### DATA TO EXAMINE

((

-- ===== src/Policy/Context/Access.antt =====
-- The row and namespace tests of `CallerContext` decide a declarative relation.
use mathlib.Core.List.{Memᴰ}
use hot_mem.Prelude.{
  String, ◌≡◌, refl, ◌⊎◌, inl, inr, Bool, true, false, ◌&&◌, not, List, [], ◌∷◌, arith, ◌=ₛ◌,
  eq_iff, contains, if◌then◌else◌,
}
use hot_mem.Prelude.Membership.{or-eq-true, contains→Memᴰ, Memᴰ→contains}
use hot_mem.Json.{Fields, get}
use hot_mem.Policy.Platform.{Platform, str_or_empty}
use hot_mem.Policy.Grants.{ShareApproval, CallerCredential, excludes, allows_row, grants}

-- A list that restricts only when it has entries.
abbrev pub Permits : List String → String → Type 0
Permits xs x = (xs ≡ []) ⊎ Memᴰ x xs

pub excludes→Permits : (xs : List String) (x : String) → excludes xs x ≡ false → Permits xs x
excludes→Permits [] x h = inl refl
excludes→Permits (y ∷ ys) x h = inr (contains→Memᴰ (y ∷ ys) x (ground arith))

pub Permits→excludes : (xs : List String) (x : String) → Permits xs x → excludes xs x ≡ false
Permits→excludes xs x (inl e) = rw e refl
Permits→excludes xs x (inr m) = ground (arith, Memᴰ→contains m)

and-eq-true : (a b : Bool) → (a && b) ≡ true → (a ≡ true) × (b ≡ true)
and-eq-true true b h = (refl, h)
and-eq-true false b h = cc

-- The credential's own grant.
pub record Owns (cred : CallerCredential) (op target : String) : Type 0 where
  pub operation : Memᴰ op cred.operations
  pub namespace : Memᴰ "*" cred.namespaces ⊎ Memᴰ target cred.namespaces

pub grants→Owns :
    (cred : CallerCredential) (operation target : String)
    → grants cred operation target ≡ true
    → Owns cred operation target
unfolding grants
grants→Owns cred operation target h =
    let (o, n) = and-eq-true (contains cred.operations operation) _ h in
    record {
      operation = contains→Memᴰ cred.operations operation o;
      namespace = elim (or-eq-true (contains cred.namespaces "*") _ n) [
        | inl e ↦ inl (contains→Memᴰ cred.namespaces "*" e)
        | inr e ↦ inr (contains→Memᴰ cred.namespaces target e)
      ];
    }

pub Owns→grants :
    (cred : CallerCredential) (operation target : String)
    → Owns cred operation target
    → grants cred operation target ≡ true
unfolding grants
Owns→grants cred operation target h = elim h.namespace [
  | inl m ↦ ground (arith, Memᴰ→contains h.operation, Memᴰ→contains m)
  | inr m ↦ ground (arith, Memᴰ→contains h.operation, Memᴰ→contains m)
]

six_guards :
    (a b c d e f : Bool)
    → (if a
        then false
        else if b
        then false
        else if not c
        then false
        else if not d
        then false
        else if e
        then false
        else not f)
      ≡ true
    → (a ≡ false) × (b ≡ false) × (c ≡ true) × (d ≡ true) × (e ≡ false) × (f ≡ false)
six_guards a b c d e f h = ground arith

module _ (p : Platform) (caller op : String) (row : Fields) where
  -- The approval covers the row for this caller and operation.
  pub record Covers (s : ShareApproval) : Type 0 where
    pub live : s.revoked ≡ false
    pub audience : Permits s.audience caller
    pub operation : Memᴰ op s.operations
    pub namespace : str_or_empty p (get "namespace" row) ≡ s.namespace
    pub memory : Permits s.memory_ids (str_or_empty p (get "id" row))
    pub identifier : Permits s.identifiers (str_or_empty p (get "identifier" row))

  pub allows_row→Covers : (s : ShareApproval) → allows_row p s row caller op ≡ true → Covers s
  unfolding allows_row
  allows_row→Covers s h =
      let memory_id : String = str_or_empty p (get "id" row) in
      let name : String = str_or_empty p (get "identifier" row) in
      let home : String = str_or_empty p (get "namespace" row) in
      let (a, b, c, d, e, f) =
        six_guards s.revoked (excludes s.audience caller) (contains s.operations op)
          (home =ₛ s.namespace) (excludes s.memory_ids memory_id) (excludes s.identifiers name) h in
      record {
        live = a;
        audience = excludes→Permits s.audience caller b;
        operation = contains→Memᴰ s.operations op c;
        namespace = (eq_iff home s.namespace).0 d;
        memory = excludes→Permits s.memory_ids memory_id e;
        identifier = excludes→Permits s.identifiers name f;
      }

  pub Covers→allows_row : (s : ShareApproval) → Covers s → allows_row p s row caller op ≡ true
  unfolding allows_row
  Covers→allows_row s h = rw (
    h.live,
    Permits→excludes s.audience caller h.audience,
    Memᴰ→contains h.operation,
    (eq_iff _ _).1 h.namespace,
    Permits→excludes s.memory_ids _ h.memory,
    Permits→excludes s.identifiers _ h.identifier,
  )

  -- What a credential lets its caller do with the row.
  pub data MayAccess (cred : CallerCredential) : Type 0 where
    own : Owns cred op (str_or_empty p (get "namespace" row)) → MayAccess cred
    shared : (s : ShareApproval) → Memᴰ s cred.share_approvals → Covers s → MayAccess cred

))

### YOUR GOAL
For this task, write out exactly the lines of the entries above, starting at the line with "grants→Owns cred operation" and ending at the line with "allows_row→Covers s h", both included, and no others.

### OUTPUT FOR THIS TASK
grants→Owns cred operation target h =
    let (o, n) = and-eq-true (contains cred.operations operation) _ h in
    record {
      operation = contains→Memᴰ cred.operations operation o;
      namespace = elim (or-eq-true (contains cred.namespaces "*") _ n) [
        | inl e ↦ inl (contains→Memᴰ cred.namespaces "*" e)
        | inr e ↦ inr (contains→Memᴰ cred.namespaces target e)
      ];
    }

pub Owns→grants :
    (cred : CallerCredential) (operation target : String)
    → Owns cred operation target
    → grants cred operation target ≡ true
unfolding grants
Owns→grants cred operation target h = elim h.namespace [
  | inl m ↦ ground (arith, Memᴰ→contains h.operation, Memᴰ→contains m)
  | inr m ↦ ground (arith, Memᴰ→contains h.operation, Memᴰ→contains m)
]

six_guards :
    (a b c d e f : Bool)
    → (if a
        then false
        else if b
        then false
        else if not c
        then false
        else if not d
        then false
        else if e
        then false
        else not f)
      ≡ true
    → (a ≡ false) × (b ≡ false) × (c ≡ true) × (d ≡ true) × (e ≡ false) × (f ≡ false)
six_guards a b c d e f h = ground arith

module _ (p : Platform) (caller op : String) (row : Fields) where
  -- The approval covers the row for this caller and operation.
  pub record Covers (s : ShareApproval) : Type 0 where
    pub live : s.revoked ≡ false
    pub audience : Permits s.audience caller
    pub operation : Memᴰ op s.operations
    pub namespace : str_or_empty p (get "namespace" row) ≡ s.namespace
    pub memory : Permits s.memory_ids (str_or_empty p (get "id" row))
    pub identifier : Permits s.identifiers (str_or_empty p (get "identifier" row))

  pub allows_row→Covers : (s : ShareApproval) → allows_row p s row caller op ≡ true → Covers s
  unfolding allows_row
  allows_row→Covers s h =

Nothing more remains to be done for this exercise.